I plant lettuce alongside my peas even though they are in different groups.

When you are working with permanent raised beds if you have a pest or disease problem in one bed you're going to have that pest in all your beds because they are so close together.  Unless it's appears to be more of a fungal type soil problem specific to that bed.  In the case of fungal soil problems (or a weed problem) I will occasionally rest a bed and try solarization.  But you are really better off just replacing or diluting that soil with fresh soil and being done with it.  This is possible in raised beds but nearly impossible on a larger scale with field crops.

Soil solarization is a non-chemical method for controlling soilborne pests
using high temperatures produced by capturing radiant energy from the sun.

We used to cover the beds with road fabric and only uncover the beds
we were planning to use, resting the others while controlling weeds and pests.
Regarding nutrient depletion, there are heavy feeders (fruiting plants) and light feeders (legumes).  If you are planting a heavy feeder in containers or permanent beds which have had the same soil in them for many years you are going to need to add nitrogen no matter what.  

My Organic Fertilizer Stash

Because beds can only take so much new compost, I turn to more concentrated sources adding blood meal, bone meal, potash, worm castings and biochar every year before I plant and then follow up with additional slow release Garden-tone throughout the season.  When choosing blood meal(N), bone meal(P) or potash(K) over a balanced fertilizer, you should follow the N-P-K guidelines for your intended crop.

Blood meal was added to the right side for cucumbers.
The bean plants closer to the right show greener foliage than those on the left edge.

I do consider rotations when planning my layout each year.  In beds where I am getting consistently poorer performance regardless of what I am adding I will plant peas and beans in them while continuing amendments for a year or more while they catch up. 

Beds prepared the same and seeds planted on the same day

Another rotation consideration is to try to find a bed that they do better in because of sun, wind and water patterns.  The differences are subtle but consistent and each of my four corner beds have a prevailing issue related to one of those.
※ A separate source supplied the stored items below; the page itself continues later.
-- ===== src/Spinlock/Scopes.antt =====
-- Locks and guards go together (spinlock.rs), except over a panic.
use linux_kernel_development.Prelude.{
  ℕ, ◌+◌, ◌≡◌, refl, sym, arith, Bool, true, false, List, [], ◌∷◌, ◌++◌, length,
}
use linux_kernel_development.Prelude.{◌==◌, if◌then◌else◌, ok}
use linux_kernel_development.Cleanup.{CleanupEntry}
use linux_kernel_development.Cleanup.Laws.{run, live, cleared, live-cleared}
use linux_kernel_development.Cleanup.Message.{PanicInfo, panic_handler_lem}
use linux_kernel_development.Spinlock.{
  LockCalls, SpinlockGuard, bpf_spin_lock, bpf_spin_unlock, new, unlock, drop, Running, Step, lock,
  leave_scope, Reach, begin, later, panic,
}

-- The kernel's promise: taking a lock and giving it back change whether that lock is held, and no
-- other.
pub record Locking {S : Type 0} (k : LockCalls S) (held : S → ℕ → Bool) : Type 0 where
  pub locks : (p : ℕ) (s : S) (q : ℕ) → held (k.lock p s).1 q ≡ (if p == q then true else held s q)
  pub unlocks :
      (p : ℕ) (s : S) (q : ℕ) → held (k.unlock p s).1 q ≡ (if p == q then false else held s q)

-- How many of the guards are of the lock `p`.
abbrev pub guards_of : ℕ → List SpinlockGuard → ℕ
guards_of p [] = 0
guards_of p (guard ∷ guards) = (if guard.lock == p then 1 else 0) + guards_of p guards

guards_of-append :
    (p : ℕ) (front back : List SpinlockGuard)
    → guards_of p (front ++ back) ≡ guards_of p front + guards_of p back
guards_of-append p [] back = omega arith
guards_of-append p (guard ∷ front) back = omega (arith, guards_of-append p front back)

module _ {S : Type 0} (k : LockCalls S) (held : S → ℕ → Bool) (locking : Locking k held) (start : S)
    (n : ℕ) (free : (p : ℕ) → held start p ≡ false) where
  -- A held lock has one guard, a free one none.
  abbrev Balanced : Running S → Type 0
  Balanced r = (p : ℕ) → guards_of p r.guards ≡ (if held r.kernel p then 1 else 0)

  Step-Balanced : {r r' : Running S} → Balanced r → Step k held r r' → Balanced r'
  unfolding new bpf_spin_lock drop unlock bpf_spin_unlock
  Step-Balanced {r} balanced (lock q is_free) p =
      ground (arith, balanced p, locking.locks q r.kernel p)
  Step-Balanced {r} balanced (leave_scope front back guard among) p = ground (
    arith,
    balanced p,
    among,
    guards_of-append p front back,
    guards_of-append p front (guard ∷ back),
    locking.unlocks guard.lock r.kernel p,
  )

  -- For a kernel whose calls take and give back one lock each, from a state in which no lock is
  -- held: whatever guards a program makes and lets go out of scope, in any order, every lock that
  -- is held has exactly one live guard, and a lock that is free has none, as long as the program
  -- does not panic.
  pub Reach-Balanced :
      {r : Running S}
      → Reach k held start n r
      → (p : ℕ) → guards_of p r.guards ≡ (if held r.kernel p then 1 else 0)
  Reach-Balanced begin p = rw (free p) refl
  Reach-Balanced (later before step) p = Step-Balanced (Reach-Balanced before) step p

  Reach-table : {r : Running S} → Reach k held start n r → r.table ≡ cleared n
  Reach-table begin = refl
  Reach-table (later before (lock q is_free)) = Reach-table before
  Reach-table (later before (leave_scope front back guard among)) = Reach-table before

  -- For a kernel whose calls take and give back one lock each, in any state that a program reaches
  -- by guards from free locks and an empty clean-up table: a panic is handled, and leaves every
  -- lock as it was. No guard's `unlock` runs, neither by `drop`, which a panic skips, nor from the
  -- table, in which `new` registers nothing: the locks of all live guards stay held, although no
  -- guard is left.
  pub panic-held :
      {r : Running S} (info : PanicInfo)
      → Reach k held start n r
      → (after : Running S) × (msg : List ℕ) × (panic r info ≡ ok (after, msg))
        × (after.guards ≡ [])
        × ((p : ℕ) → (if held after.kernel p then 1 else 0) ≡ guards_of p r.guards)
  unfolding panic
  panic-held {r} info reach =
      let (msg, shows, handled) = panic_handler_lem r.table r.kernel info in
      (
        record { kernel = r.kernel; guards = []; table = cleared (length r.table) },
        msg,
        rw (handled, nothing_runs r.table (Reach-table reach)) refl,
        refl,
        λ p. sym (Reach-Balanced reach p),
      )
    where
      nothing_runs :
          (table : List (CleanupEntry S))
          → table ≡ cleared n
          → run (live table) r.kernel ≡ ok r.kernel
      nothing_runs table empty = rw (empty, live-cleared {W = S} n) refl
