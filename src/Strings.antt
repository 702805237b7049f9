-- ===== src/Strings.antt =====
-- `bpf_strcmp` and `bpf_strncmp` of inner_unikernel_rt/src/base_helper.rs. A string is the list of
-- its characters' code points, in the order in which `chars()` gives them; `next` on an exhausted
-- iterator gives `None` again. Results are the bit patterns of the returned `i32`.
pub mod Order
use linux_kernel_development.Prelude.{ℕ, zero, suc, List, [], ◌∷◌, ltb, ◌==◌, if◌then◌else◌}
use linux_kernel_development.Prelude.Words.{neg32}

abbrev pub minus_one : ℕ
minus_one = neg32 1

pub bpf_strcmp : List ℕ → List ℕ → ℕ
bpf_strcmp (c₁ ∷ s₁) (c₂ ∷ s₂) =
    if c₁ == c₂ then bpf_strcmp s₁ s₂ else if ltb c₁ c₂ then minus_one else 1
bpf_strcmp [] (c₂ ∷ s₂) = minus_one
bpf_strcmp (c₁ ∷ s₁) [] = 1
bpf_strcmp [] [] = 0

-- The last argument counts the rounds that `idx < cnt` still allows.
pub bpf_strncmp : List ℕ → List ℕ → ℕ → ℕ
bpf_strncmp s₁ s₂ zero = 0
bpf_strncmp (c₁ ∷ s₁) (c₂ ∷ s₂) (suc cnt) =
    if c₁ == c₂ then bpf_strncmp s₁ s₂ cnt else if ltb c₁ c₂ then minus_one else 1
bpf_strncmp [] (c₂ ∷ s₂) (suc cnt) = minus_one
bpf_strncmp (c₁ ∷ s₁) [] (suc cnt) = 1
bpf_strncmp [] [] (suc cnt) = 0
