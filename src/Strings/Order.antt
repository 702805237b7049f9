-- ===== src/Strings/Order.antt =====
-- The comparisons of base_helper.rs against the lexicographic order of strings.
use linux_kernel_development.Prelude.{ℕ, zero, suc, ◌<◌, ◌≡◌, ◌↔◌, ◌⊎◌, refl, arith}
use linux_kernel_development.Prelude.{List, [], ◌∷◌, take}
use linux_kernel_development.Prelude.Words.{neg32}
use linux_kernel_development.Strings.{minus_one, bpf_strcmp, bpf_strncmp}

-- `s` comes before `t` in a dictionary.
abbrev pub Before : List ℕ → List ℕ → Type 0
Before [] [] = ⊥
Before [] (d ∷ t) = Unit
Before (c ∷ s) [] = ⊥
Before (c ∷ s) (d ∷ t) = (c < d) ⊎ ((c ≡ d) × Before s t)

-- `bpf_strcmp` returns 0 on equal strings only, -1 exactly when the first comes before the second,
-- and 1 exactly when it comes after it.
pub bpf_strcmp_lem :
    (s t : List ℕ)
    → ((bpf_strcmp s t ≡ 0) ↔ (s ≡ t))
      × ((bpf_strcmp s t ≡ minus_one) ↔ Before s t)
      × ((bpf_strcmp s t ≡ 1) ↔ Before t s)
unfolding bpf_strcmp
bpf_strcmp_lem [] [] = ground arith
bpf_strcmp_lem [] (d ∷ t) = ground arith
bpf_strcmp_lem (c ∷ s) [] = ground arith
bpf_strcmp_lem (c ∷ s) (d ∷ t) = ground (arith, bpf_strcmp_lem s t)

-- Every comparison has one of the three results.
bpf_strcmp_range :
    (s t : List ℕ) → (bpf_strcmp s t ≡ 0) ⊎ (bpf_strcmp s t ≡ minus_one) ⊎ (bpf_strcmp s t ≡ 1)
unfolding bpf_strcmp
bpf_strcmp_range [] [] = ground arith
bpf_strcmp_range [] (d ∷ t) = ground arith
bpf_strcmp_range (c ∷ s) [] = ground arith
bpf_strcmp_range (c ∷ s) (d ∷ t) = ground (arith, bpf_strcmp_range s t)

-- Swapping the strings negates the result.
bpf_strcmp_swap : (s t : List ℕ) → bpf_strcmp t s ≡ neg32 (bpf_strcmp s t)
unfolding bpf_strcmp
bpf_strcmp_swap [] [] = refl
bpf_strcmp_swap [] (d ∷ t) = refl
bpf_strcmp_swap (c ∷ s) [] = refl
bpf_strcmp_swap (c ∷ s) (d ∷ t) = ground (arith, bpf_strcmp_swap s t)

-- `bpf_strncmp` compares the first `cnt` characters as `bpf_strcmp` would.
bpf_strncmp-eq-strcmp-take :
    (cnt : ℕ) (s t : List ℕ) → bpf_strncmp s t cnt ≡ bpf_strcmp (take cnt s) (take cnt t)
unfolding bpf_strcmp bpf_strncmp
bpf_strncmp-eq-strcmp-take zero s t = refl
bpf_strncmp-eq-strcmp-take (suc cnt) [] [] = refl
bpf_strncmp-eq-strcmp-take (suc cnt) [] (d ∷ t) = refl
bpf_strncmp-eq-strcmp-take (suc cnt) (c ∷ s) [] = refl
bpf_strncmp-eq-strcmp-take (suc cnt) (c ∷ s) (d ∷ t) =
    ground (arith, bpf_strncmp-eq-strcmp-take cnt s t)
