-- ===== src/StructFilter.antt =====
-- The derive macro of struct_filter/src/lib.rs. A parsed type keeps what the macro looks at: the
-- segments of a path, the element of an array or of a reference, and `other` for the rest.
pub mod Laws
pub mod Access
use linux_kernel_development.Prelude.{
  ℕ, ◌++◌, Option, none, some, List, [], ◌∷◌, map, Bool, true, false, ◌||◌,
}
use linux_kernel_development.Prelude.{Outcome, ok, panics, ◌>>=◌, unwrap_none}
use Prim.Native.String.{String}
use text.Mathlib.Text.{◌==◌}

pub data Ty : Type 0 where
  path : List String → Ty
  array : Ty → Ty
  reference : Ty → Ty
  other : Ty

-- `segments.last().unwrap()`.
pub last_segment : List String → Outcome String
last_segment [] = panics unwrap_none
last_segment (segment ∷ []) = ok segment
last_segment (segment ∷ next ∷ segments) = last_segment (next ∷ segments)

-- The `match` of `type_checking`.
pub is_numeric_name : String → Bool
is_numeric_name name =
    name == "u8"
    || name == "i8"
    || name == "i16"
    || name == "u16"
    || name == "i32"
    || name == "u32"
    || name == "i64"
    || name == "u64"

pub type_checking : List String → Outcome Bool
type_checking segments = do name ← last_segment segments; ok (is_numeric_name name)

-- `Ok(())` and the two errors.
pub data FieldCheck : Type 0 where
  accepted not_numeric not_validate : FieldCheck

pub field_type_check : Ty → Outcome FieldCheck
field_type_check (path segments) = do
  numeric ← type_checking segments
  elim numeric [ true ↦ ok accepted | false ↦ ok not_numeric ]
field_type_check (array elem) = field_type_check elem
field_type_check (reference elem) = field_type_check elem
field_type_check other = ok not_validate

pub data Fields : Type 0 where
  named : List (String × Ty) → Fields
  unnamed : List Ty → Fields
  unit : Fields

-- `syn::Data`.
pub data Item : Type 0 where
  struct : Fields → Item
  enumeration : Item
  union : Item

-- What the macro expands to: an error, or `new` with a `direct_packet_access_ok` for each type.
pub data Expansion : Type 0 where
  compile_error : FieldCheck → Expansion
  generated : List Ty → Expansion

-- What follows a check, unless its error is returned.
abbrev pub continued {ℓ} : {A : Type ℓ} → (FieldCheck → A) → Outcome A → FieldCheck → Outcome A
continued refuse rest accepted = rest
continued refuse rest not_numeric = ok (refuse not_numeric)
continued refuse rest not_validate = ok (refuse not_validate)

-- The first loop: the first field that is refused ends it.
pub check_fields : List (String × Ty) → Outcome FieldCheck
check_fields [] = ok accepted
check_fields ((ident, ty) ∷ fields) = do
  result ← field_type_check ty
  continued (λ r. r) (check_fields fields) result

pub check_item : Item → Outcome FieldCheck
check_item (struct (named fields)) = check_fields fields
check_item (struct (unnamed tys)) = ok accepted
check_item (struct unit) = ok accepted
check_item enumeration = ok accepted
check_item union = ok accepted

-- The second loop: `field.ident.as_ref().unwrap()` needs a name.
pub tokens : Item → Outcome (List Ty)
tokens (struct (named fields)) = ok (map (λ f. f.1) fields)
tokens (struct (unnamed [])) = ok []
tokens (struct (unnamed (ty ∷ tys))) = panics unwrap_none
tokens (struct unit) = ok []
tokens enumeration = ok []
tokens union = ok []

pub ensure_numberic : Item → Outcome Expansion
ensure_numberic item = do
  result ← check_item item
  continued compile_error (tokens item >>= λ tys. ok (generated tys)) result

-- An attribute of a static, its text as bytes.
pub data Attribute : Type 0 where
  link_section : List ℕ → Attribute
  used : Attribute
  written : List ℕ → Attribute

pub record ItemStatic : Type 0 where
  pub attrs : List Attribute
  pub declaration : List ℕ

abbrev collect : List (List ℕ) → List ℕ
collect [] = []
collect (text ∷ texts) = text ++ collect texts

-- `entry_link`: the tokens of its argument, run together, name the section of the static.
unfoldable entry_link : List (List ℕ) → ItemStatic → ItemStatic
entry_link attr ast =
    let link_para = collect attr in
    record {
      attrs = ast.attrs ++ link_section link_para ∷ used ∷ [];
      declaration = ast.declaration;
    }
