-- ===== src/StructFilter/Laws.antt =====
-- Which items the derive macro of struct_filter/src/lib.rs accepts.
use linux_kernel_development.Prelude.{
  List, [], ◌∷◌, map, Bool, true, false, ◌||◌, ◌≡◌, ◌↔◌, refl, sym, ap, ◌∙◌, inl, inr,
}
use linux_kernel_development.Prelude.{Outcome, ok, >>=-eq-ok, Bool-cases}
use linux_kernel_development.StructFilter.{
  Ty, path, array, reference, other, last_segment, is_numeric_name, type_checking, FieldCheck,
  accepted, not_numeric, not_validate, field_type_check, named, unnamed, unit, Item, struct,
  enumeration, union, Expansion, compile_error, generated, check_fields, check_item, tokens,
  ensure_numberic, continued,
}
use Prim.Native.String.{String}
use text.Mathlib.TextEquality.{eq_iff}
use mathlib.Core.Path.{subst}
use text.Mathlib.Text.{◌==◌}

-- The numeric types of the macro.
pub data IsNumericName : String → Type 0 where
  u8 : IsNumericName "u8"
  i8 : IsNumericName "i8"
  i16 : IsNumericName "i16"
  u16 : IsNumericName "u16"
  i32 : IsNumericName "i32"
  u32 : IsNumericName "u32"
  i64 : IsNumericName "i64"
  u64 : IsNumericName "u64"

-- A type that is numeric below its arrays and references.
pub data IsNumeric : Ty → Type 0 where
  at_path :
      (segments : List String) (name : String)
      → last_segment segments ≡ ok name
      → IsNumericName name
      → IsNumeric (path segments)
  in_array : (elem : Ty) → IsNumeric elem → IsNumeric (array elem)
  in_reference : (elem : Ty) → IsNumeric elem → IsNumeric (reference elem)

named_name :
    (name known : String) → IsNumericName known → (name == known) ≡ true → IsNumericName name
named_name name known k h = subst IsNumericName (sym ((eq_iff name known).0 h)) k

or_name :
    {others : Bool} (name known : String)
    → IsNumericName known
    → (others ≡ true → IsNumericName name)
    → (others || name == known) ≡ true
    → IsNumericName name
or_name {others} name known k rest h = elim (Bool-cases others) [
  | inl before ↦ rest before
  | inr none_before ↦ named_name name known k (sym (ap (λ b. b || name == known) none_before) ∙ h)
]

pub numeric_name : (name : String) → is_numeric_name name ≡ true → IsNumericName name
unfolding is_numeric_name
numeric_name name h =
    (or_name name "u64" u64 (
        or_name name "i64" i64 (
          or_name name "u32" u32 (
            or_name name "i32" i32 (
              or_name name "u16" u16
                (or_name name "i16" i16 (or_name name "i8" i8 (named_name name "u8" u8))))))))
      h

pub name_numeric : (name : String) → IsNumericName name → is_numeric_name name ≡ true
unfolding is_numeric_name
name_numeric _ u8 = refl
name_numeric _ i8 = refl
name_numeric _ i16 = refl
name_numeric _ u16 = refl
name_numeric _ i32 = refl
name_numeric _ u32 = refl
name_numeric _ i64 = refl
name_numeric _ u64 = refl

verdict :
    (b : Bool) → (elim b [ true ↦ ok accepted | false ↦ ok not_numeric ]) ≡ ok accepted → b ≡ true
verdict true h = refl
verdict false h = cc

at_path_only :
    (segments : List String)
    → field_type_check (path segments) ≡ ok accepted
    → IsNumeric (path segments)
unfolding field_type_check type_checking
at_path_only segments h =
    let (numeric, is_read, taken) =
      >>=-eq-ok (type_checking segments)
        (λ numeric. elim numeric [ true ↦ ok accepted | false ↦ ok not_numeric ]) h in
    let (name, found, known) =
      >>=-eq-ok (last_segment segments) (λ name. ok (is_numeric_name name)) is_read in
    let yes : numeric ≡ true = verdict numeric taken in
    at_path segments name found (numeric_name name cc)

accepts : (ty : Ty) → field_type_check ty ≡ ok accepted → IsNumeric ty
unfolding field_type_check
accepts (path segments) h = at_path_only segments h
accepts (array elem) h = in_array elem (accepts elem h)
accepts (reference elem) h = in_reference elem (accepts elem h)
accepts other h = cc

accepted_by : (ty : Ty) → IsNumeric ty → field_type_check ty ≡ ok accepted
unfolding field_type_check type_checking
accepted_by (path _) (at_path segments name found known) = rw (found, name_numeric name known) refl
accepted_by (array _) (in_array elem h) = accepted_by elem h
accepted_by (reference _) (in_reference elem h) = accepted_by elem h
accepted_by other h = elim h [ ]

-- The check of a field accepts exactly the types that are numeric below their arrays and references.
field_type_check-accepted_iff : (ty : Ty) → (field_type_check ty ≡ ok accepted) ↔ IsNumeric ty
field_type_check-accepted_iff ty = (accepts ty, accepted_by ty)

pub data AllNumeric : List (String × Ty) → Type 0 where
  no_field : AllNumeric []
  next :
      (ident : String) (ty : Ty) (fields : List (String × Ty))
      → IsNumeric ty
      → AllNumeric fields
      → AllNumeric ((ident, ty) ∷ fields)

-- The items that the macro expands to `new`, with the types that it asserts to be accessible: a
-- structure whose named fields are numeric, a structure without fields, and any enumeration or union.
pub data IsDerivable : Item → List Ty → Type 0 where
  of_named :
      (fields : List (String × Ty))
      → AllNumeric fields
      → IsDerivable (struct (named fields)) (map (λ f. f.1) fields)
  of_unnamed : IsDerivable (struct (unnamed [])) []
  of_unit : IsDerivable (struct unit) []
  of_enumeration : IsDerivable enumeration []
  of_union : IsDerivable union []

field_verdict :
    (result : FieldCheck) (rest : Outcome FieldCheck)
    → continued (λ r. r) rest result ≡ ok accepted
    → (result ≡ accepted) × (rest ≡ ok accepted)
field_verdict accepted rest h = (refl, h)
field_verdict not_numeric rest h = cc
field_verdict not_validate rest h = cc

all_accepted : (fields : List (String × Ty)) → check_fields fields ≡ ok accepted → AllNumeric fields
unfolding check_fields
all_accepted [] h = no_field
all_accepted ((ident, ty) ∷ fields) h =
    let (result, checked, taken) =
      >>=-eq-ok (field_type_check ty) (continued (λ r. r) (check_fields fields)) h in
    let (passed, others) = field_verdict result (check_fields fields) taken in
    next ident ty fields (accepts ty (checked ∙ ap ok passed)) (all_accepted fields others)

accepted_all : (fields : List (String × Ty)) → AllNumeric fields → check_fields fields ≡ ok accepted
unfolding check_fields
accepted_all [] h = refl
accepted_all ((_, _) ∷ _) (next ident ty fields p h) = rw (accepted_by ty p) (accepted_all fields h)

item_verdict :
    (result : FieldCheck) (assertions tys : List Ty)
    → continued compile_error (ok (generated assertions)) result ≡ ok (generated tys)
    → (result ≡ accepted) × (assertions ≡ tys)
item_verdict accepted assertions tys h = (refl, cc)
item_verdict not_numeric assertions tys h = cc
item_verdict not_validate assertions tys h = cc

named_derived :
    (fields : List (String × Ty)) (tys : List Ty)
    → ensure_numberic (struct (named fields)) ≡ ok (generated tys)
    → IsDerivable (struct (named fields)) tys
unfolding ensure_numberic check_item tokens
named_derived fields tys h =
    let (result, checked, taken) =
      >>=-eq-ok (check_fields fields)
        (continued compile_error (ok (generated (map (λ f. f.1) fields)))) h in
    let (passed, same) = item_verdict result (map (λ f. f.1) fields) tys taken in
    subst (IsDerivable (struct (named fields))) same
      (of_named fields (all_accepted fields (checked ∙ ap ok passed)))

generated_injective :
    {xs ys : List Ty}
    → ◌≡◌ {A = Outcome Expansion} (ok (generated xs)) (ok (generated ys))
    → xs ≡ ys
generated_injective h = cc

derived :
    (item : Item) (tys : List Ty) → ensure_numberic item ≡ ok (generated tys) → IsDerivable item tys
unfolding ensure_numberic check_item tokens
derived (struct (named fields)) tys h = named_derived fields tys h
derived (struct (unnamed [])) tys h =
    subst (IsDerivable (struct (unnamed []))) (generated_injective h) of_unnamed
derived (struct (unnamed (ty ∷ tys))) types h = cc
derived (struct unit) tys h = subst (IsDerivable (struct unit)) (generated_injective h) of_unit
derived enumeration tys h = subst (IsDerivable enumeration) (generated_injective h) of_enumeration
derived union tys h = subst (IsDerivable union) (generated_injective h) of_union

derives :
    (item : Item) (tys : List Ty) → IsDerivable item tys → ensure_numberic item ≡ ok (generated tys)
unfolding ensure_numberic check_item tokens
derives _ _ (of_named fields h) = rw (accepted_all fields h) refl
derives _ _ of_unnamed = refl
derives _ _ of_unit = refl
derives _ _ of_enumeration = refl
derives _ _ of_union = refl

-- The macro expands to `new` for exactly these items: structures whose named fields are all numeric
-- below arrays and references, structures without fields, and every enumeration and union. The
-- assertions are the types of the named fields, in their order.
pub ensure_numberic-generated_iff :
    (item : Item) (tys : List Ty)
    → (ensure_numberic item ≡ ok (generated tys)) ↔ IsDerivable item tys
ensure_numberic-generated_iff item tys = (derived item tys, derives item tys)
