-- ===== src/StructFilter/Access.antt =====
-- The bound of inner_unikernel_rt/src/utils.rs that the code which the derive macro generates must
-- meet: `direct_packet_access_ok::<T>()` compiles for a number and for an array of numbers. Which
-- primitive type a path names is the compiler's to say.
use linux_kernel_development.Prelude.{
  List, [], ◌∷◌, Bool, true, false, ◌&&◌, ◌||◌, ◌≡◌, Option, none, some,
}
use linux_kernel_development.StructFilter.{
  Ty, path, array, reference, other, Expansion, compile_error, generated,
}
use linux_kernel_development.StructFilter.Laws.{IsNumericName}
use Prim.Native.String.{String}
use text.Mathlib.Text.{◌==◌}

-- The primitive types that the trait is implemented for.
has_impl : String → Bool
has_impl prim =
    prim == "u64"
    || prim == "i64"
    || prim == "u32"
    || prim == "i32"
    || prim == "u16"
    || prim == "i16"
    || prim == "u8"
    || prim == "i8"

module _ (resolves : List String → Option String) where
  -- The implementations for numbers, and those for numbers and arrays of them.
  pub impl_number : Ty → Bool
  impl_number (path segments) = elim (resolves segments) [
    | none ↦ false
    | some prim ↦ has_impl prim
  ]
  impl_number (array elem) = false
  impl_number (reference elem) = false
  impl_number other = false

  pub direct_packet_access_ok : Ty → Bool
  direct_packet_access_ok (array elem) = impl_number elem
  direct_packet_access_ok (path segments) = impl_number (path segments)
  direct_packet_access_ok (reference elem) = false
  direct_packet_access_ok other = false

  all_ok : List Ty → Bool
  all_ok [] = true
  all_ok (ty ∷ tys) = direct_packet_access_ok ty && all_ok tys

  -- Whether the compiler takes what the macro expands to.
  pub compiles : Expansion → Bool
  compiles (compile_error e) = false
  compiles (generated tys) = all_ok tys

  -- Numbers, and types that are laid out as numbers without references.
  pub data IsNumber : Ty → Type 0 where
    number :
        (segments : List String) (prim : String)
        → resolves segments ≡ some prim
        → IsNumericName prim
        → IsNumber (path segments)

  pub data IsPlain : Ty → Type 0 where
    plain : (ty : Ty) → IsNumber ty → IsPlain ty
    plain_array : (ty : Ty) → IsNumber ty → IsPlain (array ty)

  pub data AllPlain : List Ty → Type 0 where
    no_type : AllPlain []
    next_type : (ty : Ty) (tys : List Ty) → IsPlain ty → AllPlain tys → AllPlain (ty ∷ tys)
The eight beds in the middle are much more reliable.  

The prevailing growing conditions in my garden layout

  Our prevailing wind is from the west  but is blocked somewhat by trees making the northwest corner the breeziest.  The sun is high on the horizon at our latitude but the trees to the west cast shade on the south west corner first late in the afternoon.  The garden has about 12 inches of grade from east to west but the easternmost beds get some additional rain from the sidewalk on that side.

So I do rotate crops to an extent.  For instance, potatoes.  They've been in the Tater Patch, the Dahlia bed, the regular raised beds, and containers.  The Tater patch has hosted potatoes, cantaloupes, summer squash and Dahlias.  Yes, there are limitations to the extent you can rotate raised beds, space, growing conditions and priorities cause me to change my layout each year.